EDITORIAL: Black Panther blackout

New reports raise stakes on voter-intimidation case

The U.S. Commission on Civil Rights votes tomorrow on its report regarding the Black Panther voter-intimidation case. The Obama administration’s malfeasance in this scandal is becoming impossible to avoid - even for the White House’s most reliable defenders.

After 17 months of averting its eyes, The Washington Post finally ran a major front-page feature on the controversy on Saturday. Three current Justice Department lawyers told the Post that whistleblowers J. Christian Adams and Christopher Coates are accurate in stating that anybody who tries to enforce civil rights laws in a race-neutral fashion will be ostracized, criticized and denied promotions because leaders at Justice believe “it is not the voting section’s job to protect white voters.” One senior official confirmed and even defended that view.

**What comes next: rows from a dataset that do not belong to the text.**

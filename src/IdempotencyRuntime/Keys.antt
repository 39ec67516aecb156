-- ===== src/IdempotencyRuntime/Keys.antt =====
-- crates/idempotency-runtime-core/src/lib.rs: errors, namespaces, and the keys of the volatile stores.
use world_infra.Prelude.{
  ◌||◌, Option, none, some, ◌++◌, ltb, any, Result, ok, ◌>>=◌, ◌>>◌, fail_if, map_err,
}
use world_infra.Text.{Text, codes, byte_length, is_control, is_whitespace, trim, is_empty}
use world_infra.Text.Decimal.{decimal}

pub data IdempotencyRuntimeError : Type 0 where
  invalid_namespace invalid_key timeout unsupported_marker : IdempotencyRuntimeError
  backend : Text → IdempotencyRuntimeError

pub data IdempotencyKeyFormat : Type 0 where
  length_prefixed namespace_prefix : IdempotencyKeyFormat

pub record IdempotencyNamespace : Type 0 where
  pub value : Text

unfoldable pub validate_part : Text → Result IdempotencyRuntimeError Text
validate_part value = do
  fail_if (any is_control value) invalid_key
  let value = trim value
  fail_if
      (is_empty value
        || ltb 512 (byte_length value)
        || any (λ ch. is_control ch || is_whitespace ch) value)
      invalid_key
  ok value

-- `IdempotencyNamespace::new`
unfoldable pub new_namespace : Text → Result IdempotencyRuntimeError IdempotencyNamespace
new_namespace value = do
  value ← map_err (λ _. invalid_namespace) (validate_part value)
  ok (record { value = value })

-- The match of `namespaced_key`, on a key that is valid.
unfoldable pub format_key : IdempotencyKeyFormat → Option IdempotencyNamespace → Text → Text
format_key length_prefixed (some namespace) key =
    codes "idem:"
    ++ (decimal (byte_length namespace.value)
        ++ (codes ":"
            ++ (namespace.value
                ++ (codes ":" ++ (decimal (byte_length key) ++ (codes ":" ++ key))))))
format_key length_prefixed none key =
    codes "idem:0::" ++ (decimal (byte_length key) ++ (codes ":" ++ key))
format_key namespace_prefix (some namespace) key = namespace.value ++ (codes ":" ++ key)
format_key namespace_prefix none key = key

unfoldable pub namespaced_key :
    Option IdempotencyNamespace → Text → IdempotencyKeyFormat → Result IdempotencyRuntimeError Text
namespaced_key namespace key key_format = do
  key ← validate_part key
  ok (format_key key_format namespace key)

While the left has tried to demonize Mr. Adams as a conservative hit man, several current Justice officials admitted Mr. Adams performed his work admirably when he was a civil rights attorney for the department. This gives added credence to the whistleblowers’ assertions that the Obama administration dispenses race-based justice, a charge backed up by the facts in the New Black Panther Party case. Consider the elements:

c The Black Panthers caught on videotape intimidating voters both have convictions for assault. One used a club - much like the one brandished on Election Day - to hospitalize a victim with a serious head injury.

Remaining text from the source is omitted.